The true speed of a point is directed tangentially to the trajectory, and its algebraic value is determined by the first derivative of the path with respect to time:

v = limΔs / Δt = ds / dt

Dimension of point velocity: (v) = length / time, for example, m / s. If the point moves towards an increase in the curvilinear coordinate s, then ds> 0, and therefore v> 0, and otherwise ds< 0 и v < 0.

Point acceleration. The change in speed per unit of time is determined by the acceleration. Consider the movement of point A along a curved trajectory in time Δt from position A to position A 1. In position A, the point had a speed v, and in position A 1 - a speed v 1 (Figure 13). those. the speed of the point has changed in magnitude and direction. We find the geometric difference, the velocities Δv, by constructing a vector v 1 from the point A.

The acceleration of a point is called a vector "equal to the first derivative of the velocity vector of a point with respect to time:

The found acceleration vector a can be decomposed into two mutually perpendicular components but the tangent and normal to the trajectory of motion. The tangential acceleration a 1 coincides in direction with the speed during accelerated motion or opposite to it when the motion is replaced. It characterizes the change in the magnitude of the speed and is equal to the derivative of the magnitude of the speed in time

The normal acceleration vector a is directed along the normal (perpendicular) to the curve towards the concavity of the trajectory, and its modulus is equal to the ratio of the square of the velocity of the point to the radius of curvature of the trajectory at the point under consideration.

Normal acceleration characterizes the change in speed along
direction.

Full acceleration value: , m / s 2

Types of point movement depending on acceleration.

Uniform rectilinear movement(motion by inertia) is characterized by the fact that the speed of motion is constant, and the radius of curvature of the trajectory is equal to infinity.

That is, r = ¥, v = const, then; and therefore . So, when a point moves by inertia, its acceleration is zero.

Rectilinear uneven movement. The radius of curvature of the trajectory is r = ¥, and n = 0; therefore, a = a t and a = a t = dv / dt.

This is a vector physical quantity, numerically equal to the limit to which the average speed tends over an infinitely small period of time:

In other words, the instantaneous velocity is the radius vector in time.

The instantaneous velocity vector is always directed tangentially to the trajectory of the body in the direction of the movement of the body.

Instantaneous speed provides accurate information about movement at a specific point in time. For example, when driving in a car at some point in time, the driver looks at the speedometer and sees that the device shows 100 km / h. After a while, the speedometer needle points to 90 km / h, and a few minutes later - to 110 km / h. All of the listed speedometer readings are the values ​​of the instantaneous vehicle speed at certain points in time. The speed at each moment of time and at each point of the trajectory must be known when docking space stations, when landing aircraft, etc.

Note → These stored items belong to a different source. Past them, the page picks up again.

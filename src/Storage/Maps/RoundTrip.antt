-- ===== src/Storage/Maps/RoundTrip.antt =====
-- `class ApprovalStore` and `class VoteNullifierStore`: serialization and back.
use text.Mathlib.TextEquality.{eq_iff}
use mina_guard.Base.{
  ◌≡◌, Bool, true, false, List, [], ◌∷◌, ◌++◌, map, any, ◌==◌, ==_iff, ==-refl, false≢true, ◌||◌,
  ok, Bool-cases, inl, inr, refl, ◌∙◌, sym, ap, if◌then◌else◌, arith,
}
use mina_guard.Platform.{Field}
use mina_guard.Platform.Maps.{MerkleMaps, MapLaws, Numerals, NumeralLaws}
use mina_guard.Storage.Maps.{
  ApprovalStore, VoteNullifierStore, has_key, is_numeral, new_nullifier_store, nullifier_key_of,
  nullifiers_from, serialize_map, deserialize_from, serialize_approvals, deserialize_approvals,
  serialize_nullifiers, deserialize_nullifiers,
}
use mina_guard.Storage.Maps.Counts.{Tracked, Covered, has_key-append}

-- No key is tracked twice.
abbrev pub Unique : List Field → Type 0
Unique [] = Unit
Unique (k ∷ keys) = (has_key k keys ≡ false) × Unique keys

pub Unique-append :
    (keys : List Field) (key : Field)
    → has_key key keys ≡ false
    → Unique keys
    → Unique (keys ++ key ∷ [])
Unique-append [] key absent unique = (refl, tt)
Unique-append (k ∷ keys) key absent unique =
    let other : ((key == k) ≡ false) = ground arith in
    (has_key-append k key keys ∙ ground arith, Unique-append keys key (ground arith) unique.1)

has_key_eq : (j k : Field) (keys : List Field) → (k == j) ≡ true → has_key j keys ≡ has_key k keys
has_key_eq j k keys same = ap (λ x. has_key x keys) (sym ((==_iff k j).0 same))

has_key-cons : (j k : Field) (keys : List Field) → (k == j) ≡ true → has_key j (k ∷ keys) ≡ true
has_key-cons j k keys same = rw (any, same) refl

has_key-later :
    (j k : Field) (keys : List Field) → has_key j keys ≡ true → has_key j (k ∷ keys) ≡ true
has_key-later j k keys found = ground arith

module _ {Map : Type 0} ⦃m : MerkleMaps Map⦄ ⦃n : Numerals⦄ (laws : MapLaws m)
    (numerals : NumeralLaws n) where
  written_value :
      (map start : Map) (k j : Field) (later : Bool)
      → (if later then m.get map j else m.get (m.set start k (m.get map k)) j)
        ≡ (if (k == j) || later then m.get map j else m.get start j)
  written_value map start k j later =
      let put = laws.get-set start k (m.get map k) j in
      elim (Bool-cases (k == j)) [
        | inl same ↦ let here = ap (m.get map) ((==_iff k j).0 same) in ground arith
        | inr other ↦ ground arith
      ]

  deserialize-serialize :
      (map : Map) (keys : List Field) (start : Map) (known : List Field)
      → (store : ApprovalStore Map) × (deserialize_from (serialize_map map keys) start known
          ≡ ok store)
        × ((j : Field)
            → m.get store.map j ≡ (if has_key j keys then m.get map j else m.get start j))
  unfolding serialize_map deserialize_from
  deserialize-serialize map [] start known = (record { map = start; keys = known }, refl, λ j. refl)
  deserialize-serialize map (k ∷ keys) start known = elim (Bool-cases (has_key k keys)) [
    | inl again ↦
        let (store, done, values) = deserialize-serialize map keys start known in
        (
          store,
          rw (serialize_map, again) done,
          (λ j. values j ∙ ground (arith, has_key_eq j k keys)),
        )
    | inr once ↦
        let (store, done, values) =
          deserialize-serialize map keys (m.set start k (m.get map k)) (known ++ k ∷ []) in
        (
          store,
          rw
              (
                serialize_map,
                once,
                deserialize_from,
                numerals.reads_back k,
                numerals.reads_back (m.get map k),
              )
              done,
          (λ j. values j ∙ written_value map start k j (has_key j keys)),
        )
  ]

  -- A store of counts reads back with the same counts.
  pub deserialize_approvals-serialize_approvals :
      (store : ApprovalStore Map)
      → Covered store
      → (again : ApprovalStore Map) × (deserialize_approvals (serialize_approvals store) ≡ ok again)
        × ((j : Field) → m.get again.map j ≡ m.get store.map j)
  unfolding deserialize_approvals serialize_approvals
  deserialize_approvals-serialize_approvals store covered =
      let (again, done, values) = deserialize-serialize store.map store.keys m.fresh [] in
      (again, done, (λ j. values j ∙ ground (arith, covered j, laws.get-fresh j)))

  module _ (decimal : (f : Field) → is_numeral (n.field_text f) ≡ true) where
    nullifier_key_of-field_text : (k : Field) → nullifier_key_of (n.field_text k) ≡ ok k
    unfolding nullifier_key_of
    nullifier_key_of-field_text k =
        rw
          (
            nullifier_key_of,
            decimal k,
            numerals.reads_back k,
            (eq_iff (n.field_text k) (n.field_text k)).1 refl,
          )
          refl

    marked_value :
        (start : Map) (k j : Field) (later : Bool)
        → (if later then 1 else m.get (m.set start k 1) j)
          ≡ (if (k == j) || later then 1 else m.get start j)
    marked_value start k j later = ground (arith, laws.get-set start k 1 j)

    -- Keys that are not tracked yet, each once, are all marked.
    nullifiers_from-map :
        (keys : List Field) (start : VoteNullifierStore Map)
        → Unique keys
        → ((j : Field) → has_key j keys ≡ true → has_key j start.keys ≡ false)
        → (store : VoteNullifierStore Map) × (nullifiers_from (map (λ k. n.field_text k) keys) start
            ≡ ok store)
          × ((j : Field) → m.get store.map j ≡ (if has_key j keys then 1 else m.get start.map j))
    unfolding nullifiers_from
    nullifiers_from-map [] start unique apart = (start, refl, λ j. refl)
    nullifiers_from-map (k ∷ keys) start unique apart =
        let next : VoteNullifierStore Map = record {
          map = m.set start.map k 1;
          keys = start.keys ++ k ∷ [];
        } in
        let untracked : (has_key k start.keys ≡ false) =
          apart k (has_key-cons k k keys (==-refl k)) in
        let still_apart : ((j : Field)
            → has_key j keys ≡ true
            → has_key j (start.keys ++ k ∷ []) ≡ false) =
          λ j found. has_key-append j k start.keys ∙ elim (Bool-cases (k == j)) [
            | inl same ↦ absurd (false≢true (sym unique.0 ∙ sym (has_key_eq j k keys same) ∙ found))
            | inr other ↦ let before = apart j (has_key-later j k keys found) in ground arith
          ] in
        let (store, done, values) = nullifiers_from-map keys next unique.1 still_apart in
        (
          store,
          rw (nullifiers_from, nullifier_key_of-field_text k, untracked) done,
          (λ j. values j ∙ marked_value start.map k j (has_key j keys)),
        )

    -- A store of nullifiers reads back with the same marks.
    pub deserialize_nullifiers-serialize_nullifiers :
        (store : VoteNullifierStore Map)
        → Unique store.keys
        → Tracked store
        → ((k : Field) → has_key k store.keys ≡ false → m.get store.map k ≡ 0)
        → (again : VoteNullifierStore Map) × (deserialize_nullifiers (serialize_nullifiers store)
            ≡ ok again)
          × ((j : Field) → m.get again.map j ≡ m.get store.map j)
    unfolding deserialize_nullifiers serialize_nullifiers
    deserialize_nullifiers-serialize_nullifiers store unique tracked covered =
        let (again, done, values) =
          nullifiers_from-map store.keys new_nullifier_store unique (λ j found. refl) in
        (again, done, (λ j. values j ∙ ground (arith, tracked j, covered j, laws.get-fresh j)))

Does the concept of "instantaneous speed" have a physical meaning? Velocity is a characteristic of change in space. However, in order to determine how the displacement has changed, it is necessary to observe the movement for some time. Even the most advanced speed measuring devices, such as radar systems, measure speed over a period of time - albeit small enough, but it is still a finite time interval, not a moment in time. The expression “the speed of a body at a given moment of time” is not correct from the point of view of physics. However, the concept of instantaneous speed is very convenient in mathematical calculations, and it is constantly used.

Examples of solving problems on the topic "Instantaneous speed"

EXAMPLE 1

EXAMPLE 2

Exercise	The law of motion of a point along a straight line is given by the equation. Find the instantaneous speed of the point 10 seconds after the start of the movement.
Solution	The instantaneous speed of a point is the radius vector in time. Therefore, for the instantaneous speed, you can write: 10 seconds after the start of movement, the instantaneous speed will have a value:
Answer	In 10 seconds after the start of movement, the instantaneous speed of the point is m / s.

EXAMPLE 3

Exercise	The body moves in a straight line so that its coordinate (in meters) changes according to the law. How many seconds after the start of movement will the body stop?
Solution	Let's find the instantaneous speed of the body:

Methods for specifying the movement of a point.

Set point movement - it means to indicate the rule according to which at any moment of time it is possible to determine its position in a given frame of reference.

The mathematical expression for this rule is called law of motion , or equation of motion points.

There are three ways to define the movement of a point:

vector;

coordinate;

natural.

To set motion in a vector way, need to:

à choose a fixed center;

à the position of the point is determined using the radius vector, starting at the fixed center and ending at the moving point M;

à define this radius vector as a function of time t: .

Expression

called vector law of motion points, or vector equation of motion.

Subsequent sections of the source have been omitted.